## PROBLEM
Your answer should be the exact lines of the records, starting with the one containing "k ≡ some l)" and running to the end.

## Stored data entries

-- ===== src/Vessel/Locks/Exclusive.antt =====
-- Who holds a lock before it expires.
use ovl.Base.{
  ℕ, ◌+◌, ◌≤◌, String, Bool, true, false, not, ◌&&◌, ◌||◌, none, some, List, [], ◌∷◌, all, str_eq,
  eq_iff, eq_refl, if◌then◌else◌, ◌≡◌, refl, arith, Bool-cases, inl, inr,
}
use ovl.Vessel.Locks.{
  SectionLock, expired, LockKey, key_eq, Locks, find, set, drop, acquire, lock_for, release,
  force_release, holder, sweep, Call, acquire_call, release_call, force_call, sweep_call, call,
  calls,
}

key_eq_sound : (a b : LockKey) → key_eq a b ≡ true → a ≡ b
key_eq_sound a b h = ground (arith, eq_iff a.report_id b.report_id, eq_iff a.section b.section)

find-set :
    (k j : LockKey) (l : SectionLock) (ls : Locks)
    → find j (set k l ls) ≡ (if key_eq k j then some l else find j ls)
unfolding find set
find-set k j l [] = refl
find-set k j l ((i, m) ∷ ls) = elim (Bool-cases (key_eq i k)) [
  | inl e ↦ ground (arith, key_eq_sound i k e)
  | inr e ↦ elim (Bool-cases (key_eq k j)) [
    | inl f ↦ ground (arith, key_eq_sound k j f, find-set k j l ls)
    | inr f ↦ ground (arith, find-set k j l ls)
  ]
]

find-drop :
    (k j : LockKey) (ls : Locks) → find j (drop k ls) ≡ (if key_eq k j then none else find j ls)
unfolding find drop
find-drop k j [] = ground arith
find-drop k j ((i, m) ∷ ls) = elim (Bool-cases (key_eq i k)) [
  | inl e ↦ ground (arith, key_eq_sound i k e, find-drop k j ls)
  | inr e ↦ elim (Bool-cases (key_eq k j)) [
    | inl f ↦ ground (arith, key_eq_sound k j f, find-drop k j ls)
    | inr f ↦ ground (arith, find-drop k j ls)
  ]
]

-- A sweep leaves an unexpired lock in its place.
find-sweep :
    (k : LockKey) (l : SectionLock) (ls : Locks) (ttl now : ℕ)
    → find k ls ≡ some l
    → expired l now ttl ≡ false
    → find k (sweep ls ttl now).0 ≡ some l
unfolding find sweep
find-sweep k l [] ttl now h e = cc
find-sweep k l ((j, m) ∷ ls) ttl now h e = elim (Bool-cases (key_eq j k)) [
  | inl f ↦ ground arith
  | inr f ↦ ground (arith, find-sweep k l ls ttl now (rw f at h) e)
]

-- The calls that leave a lock alone: those of other users or on other sections, at times when it has
-- not expired; neither its holder's nor a forced release.
abbrev pub leaves_alone : SectionLock → LockKey → ℕ → Call → Bool
leaves_alone l k ttl (acquire_call now j user username role) =
    not (key_eq j k) || (not (str_eq l.user_id user) && not (expired l now ttl))
leaves_alone l k ttl (release_call j user) = not (key_eq j k) || not (str_eq l.user_id user)
leaves_alone l k ttl (force_call j) = not (key_eq j k)
leaves_alone l k ttl (sweep_call now) = not (expired l now ttl)

find-call :
    (ttl : ℕ) (c : Call) (k : LockKey) (l : SectionLock) (ls : Locks)
    → find k ls ≡ some l
    → leaves_alone l k ttl c ≡ true
    → find k (call ttl c ls) ≡ some l
unfolding call acquire release force_release
find-call ttl (acquire_call now j user username role) k l ls h a = elim (Bool-cases (key_eq j k)) [
  | inl e ↦ ground (arith, key_eq_sound j k e)
  | inr e ↦ ground (arith, find-set j k (lock_for (find j ls) j user username role now) ls)
]
find-call ttl (release_call j user) k l ls h a = elim (Bool-cases (key_eq j k)) [
  | inl e ↦ ground (arith, key_eq_sound j k e)
  | inr e ↦ ground (arith, find-drop j k ls)
]
find-call ttl (force_call j) k l ls h a = ground (arith, find-drop j k ls)
find-call ttl (sweep_call now) k l ls h a = find-sweep k l ls ttl now h (ground arith)

find-calls :
    (ttl : ℕ) (cs : List Call) (k : LockKey) (l : SectionLock) (ls : Locks)
    → find k ls ≡ some l
    → all (leaves_alone l k ttl) cs ≡ true
    → find k (calls ttl cs ls) ≡ some l
unfolding calls
find-calls ttl [] k l ls h a = h
find-calls ttl (c ∷ cs) k l ls h a =
    find-calls ttl cs k l (call ttl c ls) (find-call ttl c k l ls h (ground arith)) (ground arith)

key_eq_refl : (k : LockKey) → key_eq k k ≡ true
key_eq_refl k = ground (arith, eq_refl k.report_id, eq_refl k.section)

acquire_found :
    (ls : Locks) (ttl now : ℕ) (k : LockKey) (user username role : String) (l : SectionLock)
    → (acquire ls ttl now k user username role).1 ≡ some l
    → (acquire ls ttl now k user username role).2 ≡ true
    → (find k (acquire ls ttl now k user username role).0 ≡ some l)
      × (l.renewed_at ≡ now)
      × (l.user_id ≡ user)
unfolding acquire lock_for
acquire_found ls ttl now k user username role l got won =
    ground (arith, key_eq_refl k, find-set k k (lock_for (find k ls) k user username role now) ls)

unexpired :
    (l : SectionLock) (now later ttl : ℕ)
    → l.renewed_at ≡ now
    → later ≤ now + ttl
    → expired l later ttl ≡ false
unexpired l now later ttl e t = ground arith

-- Once a user has acquired a section, that user holds it, with the lock that `acquire` returned, until
-- the lock expires: whatever other users acquire or release in the meantime, and whatever is swept,
-- as long as nobody forces the release.
pub acquired_until_expiry :
    (ls : Locks) (ttl now : ℕ) (k : LockKey) (user username role : String) (l : SectionLock)
    (cs : List Call) (later : ℕ)
    → (acquire ls ttl now k user username role).1 ≡ some l
    → (acquire ls ttl now k user username role).2 ≡ true
    → all (leaves_alone l k ttl) cs ≡ true
    → later ≤ now + ttl
    → (holder (calls ttl cs (acquire ls ttl now k user username role).0) ttl later k ≡ some l)
      × (l.user_id ≡ user)
unfolding holder
acquired_until_expiry ls ttl now k user username role l cs later got won a t =
    let f = acquire_found ls ttl now k user username role l got won in
    (
      rw
          (
            find-calls ttl cs k l (acquire ls ttl now k user username role).0 f.0 a,
            unexpired l now later ttl f.1 t,
          )
          refl,
      f.2,
    )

## YOUR RESPONSE
    → (holder (calls ttl cs (acquire ls ttl now k user username role).0) ttl later k ≡ some l)
      × (l.user_id ≡ user)
unfolding holder
acquired_until_expiry ls ttl now k user username role l cs later got won a t =
    let f = acquire_found ls ttl now k user username role l got won in
    (
      rw
          (
            find-calls ttl cs k l (acquire ls ttl now k user username role).0 f.0 a,
            unexpired l now later ttl f.1 t,
          )
          refl,
      f.2,
    )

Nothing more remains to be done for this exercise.